Has Apple Become The New Dell?
Apple Computer has always had a tumultuous relationship with the channel, but its recent announcement that it is pulling out of MacWorld really seems to put it on the path of a true direct-sales vendor. Apple is becoming more Dell-like than Dell in its current sales approach
On its Web site, Apple still does a provide a link to resellers (along with links to its retail stores and direct sales outlets), but this strikes me more as a formality than anything else. No coincidence that in its coverage of Apple's decision to slink away from Macworld, the L.A. Times notes that the company maintains direct contact with 100 million global customers through its direct marketing efforts. If that's not a recipe for colossal channel conflict I don't know what is.
No doubt, the recession will be cited as the reason for such strategic decisions, although that's a convenient canard. Every vendor's strategy to sell through its own retail stores has flopped repeatedly during the last 30 years, and even though Apple's stores are a lot cooler than its past competitors', they will flop too as consumers have less to spend during the downturn and the stores become an expensive burden. Apple may then move more online, but even successul online vendors like Dell and Gateway discovered they needed the channel to broaden their appeal to business users.

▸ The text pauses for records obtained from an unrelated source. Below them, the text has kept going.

-- ===== src/Discovery/Replay.antt =====
-- internal/discovery/discovery.go: a listener with a key takes no announcement twice.
use m_aistr.Prelude.{
  is_empty, ℕ, ◌≤◌, leb, ◌≡◌, refl, sym, ◌∙◌, subst, arith, String, str_eq, eq_iff, Bool, true,
  false, not, ◌&&◌, ◌||◌, some, List, [], ◌∷◌, any, if◌then◌else◌, if_elim, ◌⊎◌, inl, inr,
}
use m_aistr.Prelude.Dict.{Dict, get, get_or, has, put, get-put}
use m_aistr.Prelude.Occurrences.{AtMostOnce, put-AtMostOnce}
use m_aistr.Discovery.{
  Announcement, Listener, prune, verify_announcement, record_peer, accept_announcement, hear,
  snapshot, exclude_peer, include_peer,
}
use m_aistr.Discovery.Seen.{Guarded, prune-Guarded, prune-AtMostOnce, take-Guarded}

module _ (authentic : Announcement → Bool) where
  -- What an announcement that is taken leaves.
  abbrev Taken : Announcement → ℕ → Listener → Listener × Bool → Type 0
  Taken ann now l r =
      ((has ann.id l.last_seen && leb ann.issued_at (get_or 0 ann.id l.last_seen)) ≡ false)
      × (r.0.last_seen ≡ prune now (put ann.id ann.issued_at l.last_seen))
      × (r.0.keyed ≡ true)

  record_peer-keeps :
      (ann : Announcement) (now : ℕ) (l : Listener)
      → ((record_peer ann now l).last_seen ≡ l.last_seen)
        × ((record_peer ann now l).keyed ≡ l.keyed)
  unfolding record_peer
  record_peer-keeps ann now l =
      if_elim {A = Listener} (λ k. (k.last_seen ≡ l.last_seen) × (k.keyed ≡ l.keyed))
        (any (λ x. str_eq x ann.id) l.excluded) (λ _. (refl, refl)) (λ _. (refl, refl))

  accept_cases :
      (ann : Announcement) (now : ℕ) (l : Listener)
      → l.keyed ≡ true
      → (accept_announcement authentic ann now l ≡ (l, false))
        ⊎ Taken ann now l (accept_announcement authentic ann now l)
  unfolding accept_announcement
  accept_cases ann now l keyed =
      if_elim {A = Listener × Bool} (λ r. (r ≡ (l, false)) ⊎ Taken ann now l r) l.keyed
        (λ _.
          if_elim {A = Listener × Bool} (λ r. (r ≡ (l, false)) ⊎ Taken ann now l r)
            (not (verify_announcement authentic ann now)) (λ _. inl refl)
            (λ _.
              if_elim {A = Listener × Bool} (λ r. (r ≡ (l, false)) ⊎ Taken ann now l r)
                (has ann.id l.last_seen && leb ann.issued_at (get_or 0 ann.id l.last_seen))
                (λ _. inl refl)
                (λ fresh.
                  let kept =
                    record_peer-keeps ann now
                      (record l { last_seen = prune now (put ann.id ann.issued_at l.last_seen) }) in
                  inr (fresh, kept.0, kept.1 ∙ keyed))))
        (λ unkeyed. absurd (cc))

-- What happens to a listener, and when an announcement is heard.
pub data Event : Type 0 where
  heard : Announcement → ℕ → Event
  looked : ℕ → Event
  excluded : String → Event
  included : String → Event

-- The times of the announcements do not go back, from the first to the last.
abbrev pub InOrder : ℕ → List Event → ℕ → Type 0
InOrder first [] last = first ≤ last
InOrder first (heard ann now ∷ events) last = (first ≤ now) × InOrder now events last
InOrder first (looked now ∷ events) last = InOrder first events last
InOrder first (excluded id ∷ events) last = InOrder first events last
InOrder first (included id ∷ events) last = InOrder first events last

module _ (authentic : Announcement → Bool) where
  abbrev step : Event → Listener → Listener
  step (heard ann now) l = (hear authentic ann now l).0
  step (looked now) l = (snapshot now l).0
  step (excluded id) l = exclude_peer id l
  step (included id) l = include_peer id l

  abbrev pub run : List Event → Listener → Listener
  run [] l = l
  run (event ∷ events) l = run events (step event l)

  -- The listener keeps what refuses announcements of the id that were issued by t.
  abbrev Guards : String → ℕ → ℕ → Listener → Type 0
  Guards id t now l = (l.keyed ≡ true) × AtMostOnce l.last_seen × Guarded id t now l.last_seen

  Guarded-later :
      (id : String) (t now later : ℕ) (d : Dict ℕ)
      → now ≤ later
      → Guarded id t now d
      → Guarded id t later d
  Guarded-later id t now later d le (inl known) = inl known
  Guarded-later id t now later d le (inr old) = inr (omega arith)

  Taken-Guards :
      (id : String) (t now later : ℕ) (ann : Announcement) (l : Listener) (r : Listener × Bool)
      → now ≤ later
      → Guards id t now l
      → Taken authentic ann later l r
      → Guards id t later r.0
  Taken-Guards id t now later ann l r le (keyed, once, guard) (fresh, seen, still) = (
    still,
    subst AtMostOnce (sym seen) (
        prune-AtMostOnce later (put ann.id ann.issued_at l.last_seen)
          (put-AtMostOnce ann.id ann.issued_at l.last_seen once)),
    subst (Guarded id t later) (sym seen) (elim guard [
      | inl known ↦ take-Guarded id ann.id t ann.issued_at later l.last_seen once before known
      | inr old ↦ inr (omega arith)
    ]),
  )
    where
      before : id ≡ ann.id → has id l.last_seen ≡ true → get_or 0 id l.last_seen ≤ ann.issued_at
      before e k =
          subst (λ z. has z l.last_seen ≡ true → get_or 0 z l.last_seen ≤ ann.issued_at) (sym e)
            (λ k'. ground (arith, fresh, k')) k

  hear-Guards :
      (id : String) (t now later : ℕ) (ann : Announcement) (l : Listener)
      → now ≤ later
      → Guards id t now l
      → Guards id t later (hear authentic ann later l).0
  unfolding hear
  hear-Guards id t now later ann l le guards =
      let idle : Guards id t later l =
        (guards.0, guards.1, Guarded-later id t now later l.last_seen le guards.2) in
      if_elim {A = Listener × Bool} (λ r. Guards id t later r.0)
        (is_empty ann.id || any (λ x. str_eq x ann.id) l.self_ids) (λ _. idle)
        (λ _. elim (accept_cases authentic ann later l guards.0) [
          | inl refused ↦ subst (λ r. Guards id t later r.0) (sym refused) idle
          | inr taken ↦
              Taken-Guards id t now later ann l (accept_announcement authentic ann later l) le
                guards taken
        ])

  exclude_peer-Guards :
      (id other : String) (t now : ℕ) (l : Listener)
      → Guards id t now l
      → Guards id t now (exclude_peer other l)
  unfolding exclude_peer
  exclude_peer-Guards id other t now l guards =
      if_elim {A = Listener} (Guards id t now) (is_empty other) (λ _. guards) (λ _. guards)

  include_peer-Guards :
      (id other : String) (t now : ℕ) (l : Listener)
      → Guards id t now l
      → Guards id t now (include_peer other l)
  unfolding include_peer
  include_peer-Guards id other t now l guards =
      if_elim {A = Listener} (Guards id t now) (is_empty other) (λ _. guards) (λ _. guards)

  snapshot-Guards :
      (id : String) (t now looked_at : ℕ) (l : Listener)
      → Guards id t now l
      → Guards id t now (snapshot looked_at l).0
  unfolding snapshot
  snapshot-Guards id t now looked_at l guards = guards

  run-Guards :
      (id : String) (t first last : ℕ) (events : List Event) (l : Listener)
      → InOrder first events last
      → Guards id t first l
      → Guards id t last (run events l)
  run-Guards id t first last [] l le (keyed, once, guard) =
      (keyed, once, Guarded-later id t first last l.last_seen le guard)
  run-Guards id t first last (heard ann now ∷ events) l (le, order) guards =
      run-Guards id t now last events (hear authentic ann now l).0 order
        (hear-Guards id t first now ann l le guards)
  run-Guards id t first last (looked now ∷ events) l order guards =
      run-Guards id t first last events (snapshot now l).0 order
        (snapshot-Guards id t first now l guards)
  run-Guards id t first last (excluded other ∷ events) l order guards =
      run-Guards id t first last events (exclude_peer other l) order
        (exclude_peer-Guards id other t first l guards)
  run-Guards id t first last (included other ∷ events) l order guards =
      run-Guards id t first last events (include_peer other l) order
        (include_peer-Guards id other t first l guards)

  -- The first time that the announcement is taken.
  hear-taken :
      (ann : Announcement) (now : ℕ) (l : Listener)
      → l.keyed ≡ true
      → AtMostOnce l.last_seen
      → (hear authentic ann now l).1 ≡ true
      → Guards ann.id ann.issued_at now (hear authentic ann now l).0
  unfolding hear
  hear-taken ann now l keyed once =
      if_elim {A = Listener × Bool} (λ r. r.1 ≡ true → Guards ann.id ann.issued_at now r.0)
        (is_empty ann.id || any (λ x. str_eq x ann.id) l.self_ids) (λ _ h. absurd (cc))
        (λ _ h. elim (accept_cases authentic ann now l keyed) [
          | inl refused ↦ absurd (cc)
          | inr (fresh, seen, still) ↦ (
            still,
            subst AtMostOnce (sym seen) (
                prune-AtMostOnce now (put ann.id ann.issued_at l.last_seen)
                  (put-AtMostOnce ann.id ann.issued_at l.last_seen once)),
            subst (Guarded ann.id ann.issued_at now) (sym seen) (
                prune-Guarded ann.id ann.issued_at now (put ann.id ann.issued_at l.last_seen)
                  (put-AtMostOnce ann.id ann.issued_at l.last_seen once)
                  (found (get-put ann.id ann.id ann.issued_at l.last_seen))),
          )
        ])
    where
      found :
          get ann.id (put ann.id ann.issued_at l.last_seen)
            ≡ (if str_eq ann.id ann.id then some ann.issued_at else get ann.id l.last_seen)
          → (has ann.id (put ann.id ann.issued_at l.last_seen) ≡ true)
            × (ann.issued_at ≤ get_or 0 ann.id (put ann.id ann.issued_at l.last_seen))
      found e = (ground (arith, e, eq_iff ann.id ann.id), ground (arith, e, eq_iff ann.id ann.id))

  Guarded-refuses :
      (again : Announcement) (t now : ℕ) (d : Dict ℕ)
      → again.issued_at ≤ t
      → Guarded again.id t now d
      → verify_announcement authentic again now ≡ true
      → (has again.id d && leb again.issued_at (get_or 0 again.id d)) ≡ true
  unfolding verify_announcement
  Guarded-refuses again t now d le (inl (known, late)) h = ground (arith, known, late)
  Guarded-refuses again t now d le (inr old) h = absurd (ground (arith, h, old))

  Guards-refuses :
      (again : Announcement) (t now : ℕ) (l : Listener)
      → again.issued_at ≤ t
      → Guards again.id t now l
      → (hear authentic again now l).1 ≡ false
  unfolding hear accept_announcement
  Guards-refuses again t now l le (keyed, once, guard) =
      ground (arith, keyed, Guarded-refuses again t now l.last_seen le guard)

  -- A listener with a key that has taken an announcement takes none that names the same instance
  -- and was not issued later, whatever it hears, is asked for, excludes or includes in between,
  -- as long as the clock does not go back.
  pub replayed_not_taken :
      (ann again : Announcement) (now later : ℕ) (events : List Event) (l : Listener)
      → l.keyed ≡ true
      → AtMostOnce l.last_seen
      → (hear authentic ann now l).1 ≡ true
      → InOrder now events later
      → again.id ≡ ann.id
      → again.issued_at ≤ ann.issued_at
      → (hear authentic again later (run events (hear authentic ann now l).0)).1 ≡ false
  replayed_not_taken ann again now later events l keyed once taken order same le =
      let after = run events (hear authentic ann now l).0 in
      Guards-refuses again ann.issued_at later after le (
        subst (λ z. Guards z ann.issued_at later after) (sym same)
          (run-Guards ann.id ann.issued_at now later events (hear authentic ann now l).0 order
            (hear-taken ann now l keyed once taken)))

Apple's in the same boat, still not taken terribly seriously by any business markets but education and graphic design and not helping itself any with its quirky, schizophrenic approach to direct and indirect sales and to consumer and business users. Walking away from Macworld and declaring haughtily that it is "reaching more people in more ways than ever before" also seems foolish because the show is a great way for the Apple community to come together, network and create needed buzz. Now after January, Apple doesn't want to be there? Sorry, but Apple needs to re-connect with its channel partners and its user base in more traditional ways if it expects to grow its business in new directions and move into more upscale markets. Time for a reality check in Cupertino.